- _Records supplied_:

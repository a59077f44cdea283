-- ===== src/Api/Limiter.antt =====
-- internal/app/queue.go: `rateLimiter`, a fixed window for each client. The time is an argument.
use raspi_media_player.Base.{
  ℕ, suc, ◌+◌, ◌-◌, ◌≤◌, ◌<◌, ◌≡◌, ◌≢◌, refl, ap, ◌∙◌, length, String, Bool, true, false, Option,
  none, some, List, [], ◌∷◌, All, leb, if◌then◌else◌, lookup, insert, lookup-insert_self,
  lookup-insert_ne, Bool-cases, inl, inr, arith,
}

pub record RateWindow : Type 0 where
  pub start : ℕ
  pub count : ℕ

pub record RateLimiter : Type 0 where
  pub limit : ℕ
  pub window : ℕ
  pub clients : List (String × RateWindow)

-- A client without a window, or with one that is over, starts a new one.
abbrev pub window_at : ℕ → ℕ → Option RateWindow → RateWindow
window_at window now none = record { start = now; count = 0 }
window_at window now (some w) =
    if leb (w.start + window) now then record { start = now; count = 0 } else w

unfoldable pub allow : String → ℕ → RateLimiter → RateLimiter × Bool
allow key now l =
    let w = window_at l.window now (lookup key l.clients) in
    if leb l.limit w.count
    then (l, false)
    else (record l { clients = insert key (record w { count = w.count + 1 }) l.clients }, true)

-- The requests of one client, at these times: how many are allowed.
unfoldable pub allowed : String → List ℕ → RateLimiter → ℕ
allowed key [] l = 0
allowed key (now ∷ times) l =
    let (l', ok) = allow key now l in
    let rest = allowed key times l' in if ok then suc rest else rest

-- The smaller of two numbers.
abbrev pub least : ℕ → ℕ → ℕ
least m n = if leb m n then m else n

-- What is left of the budget of a client in the window that it is in.
abbrev IsOpen : RateLimiter → String → ℕ → ℕ → Type 0
IsOpen l key start used = lookup key l.clients ≡ some (record { start = start; count = used })

allowed-open :
    (key : String) (times : List ℕ) (l : RateLimiter) (start used : ℕ)
    → IsOpen l key start used
    → All (λ t. t < start + l.window) times
    → allowed key times l ≡ least (l.limit - used) (length times)
unfolding allowed allow
allowed-open key [] l start used h inside = nothing (l.limit - used)
  where
    nothing : (n : ℕ) → 0 ≡ least n 0
    nothing n = ground arith
allowed-open key (now ∷ times) l start used h inside = elim (Bool-cases (leb l.limit used)) [
  | inl full ↦
      rw (h, before start l.window now inside.0, full)
        (allowed-open key times l start used h inside.1 ∙ spent l.limit used (length times) full)
  | inr room ↦
      let used_up : RateWindow = record { start = start; count = used + 1 } in
      let l' : RateLimiter = record l { clients = insert key used_up l.clients } in
      let rest =
        allowed-open key times l' start (used + 1) (lookup-insert_self key used_up l.clients)
          inside.1 in
      rw (h, before start l.window now inside.0, room)
        (ap suc rest ∙ one_more l.limit used (length times) room)
]
  where
    before : (start window now : ℕ) → now < start + window → leb (start + window) now ≡ false
    before start window now h = ground arith

    spent :
        (limit used n : ℕ)
        → leb limit used ≡ true
        → least (limit - used) n ≡ least (limit - used) (suc n)
    spent limit used n h = ground arith

    one_more :
        (limit used n : ℕ)
        → leb limit used ≡ false
        → suc (least (limit - (used + 1)) n) ≡ least (limit - used) (suc n)
    one_more limit used n h = ground arith

-- A client that has no window, or one that is over.
pub data IsOver (l : RateLimiter) (key : String) (now : ℕ) : Type 0 where
  unseen : lookup key l.clients ≡ none → IsOver l key now
  ended :
      (w : RateWindow) → lookup key l.clients ≡ some w → w.start + l.window ≤ now → IsOver l key now

fresh_window :
    (l : RateLimiter) (key : String) (now : ℕ)
    → IsOver l key now
    → window_at l.window now (lookup key l.clients) ≡ record { start = now; count = 0 }
fresh_window l key now (unseen h) = rw h refl
fresh_window l key now (ended w h e) = rw (h, over (w.start + l.window) now e) refl
  where
    over : (m n : ℕ) → m ≤ n → leb m n ≡ true
    over m n h = ground arith

IsOver-later :
    {l : RateLimiter} {key : String} {now later : ℕ}
    → now ≤ later
    → IsOver l key now
    → IsOver l key later
IsOver-later h (unseen e) = unseen e
IsOver-later h (ended w e o) = ended w e (omega (arith, h, o))

-- Without a budget nothing is allowed, and no window is stored.
allowed-closed :
    (key : String) (start : ℕ) (times : List ℕ) (l : RateLimiter)
    → IsOver l key start
    → leb l.limit 0 ≡ true
    → All (λ t. start ≤ t) times
    → allowed key times l ≡ 0
unfolding allowed allow
allowed-closed key start [] l h closed late = refl
allowed-closed key start (now ∷ times) l h closed late =
    rw (fresh_window l key now (IsOver-later late.0 h), closed)
      (allowed-closed key start times l h closed late.1)

-- A client without a window, or with one that is over, sends requests from a moment on, all before a
-- window from that moment is over: as many are allowed as the limit says, or all of them where they are
-- fewer.
pub allowed-least :
    (key : String) (start : ℕ) (times : List ℕ) (l : RateLimiter)
    → IsOver l key start
    → All (λ t. start ≤ t) times
    → All (λ t. t < start + l.window) times
    → allowed key (start ∷ times) l ≡ least l.limit (suc (length times))
unfolding allowed allow
allowed-least key start times l h late inside = elim (Bool-cases (leb l.limit 0)) [
  | inl closed ↦
      rw (fresh_window l key start h, closed)
        (allowed-closed key start times l h closed late ∙ shut l.limit (length times) closed)
  | inr room ↦
      let first : RateWindow = record { start = start; count = 1 } in
      let l' : RateLimiter = record l { clients = insert key first l.clients } in
      let rest =
        allowed-open key times l' start 1 (lookup-insert_self key first l.clients) inside in
      rw (fresh_window l key start h, room) (ap suc rest ∙ opened l.limit (length times) room)
]
  where
    shut : (limit n : ℕ) → leb limit 0 ≡ true → 0 ≡ least limit (suc n)
    shut limit n h = ground arith

    opened : (limit n : ℕ) → leb limit 0 ≡ false → suc (least (limit - 1) n) ≡ least limit (suc n)
    opened limit n h = ground arith

-- A request of one client leaves the budget of every other.
pub allow-other_client :
    (key other : String) (now : ℕ) (l : RateLimiter)
    → other ≢ key
    → lookup other (allow key now l).0.clients ≡ lookup other l.clients
unfolding allow
allow-other_client key other now l h =
    let w = window_at l.window now (lookup key l.clients) in
    elim (Bool-cases (leb l.limit w.count)) [
      | inl closed ↦ rw closed refl
      | inr room ↦
          rw room (lookup-insert_ne key other (record w { count = w.count + 1 }) l.clients h)
    ]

- _Exercise details_: Would you output, from the records above, exactly the run of lines that starts at the line containing "allowed key (now" and ends at the line containing "-- What is left", and only that run?

- _Response area_:
allowed key (now ∷ times) l =
    let (l', ok) = allow key now l in
    let rest = allowed key times l' in if ok then suc rest else rest

-- The smaller of two numbers.
abbrev pub least : ℕ → ℕ → ℕ
least m n = if leb m n then m else n

-- What is left of the budget of a client in the window that it is in.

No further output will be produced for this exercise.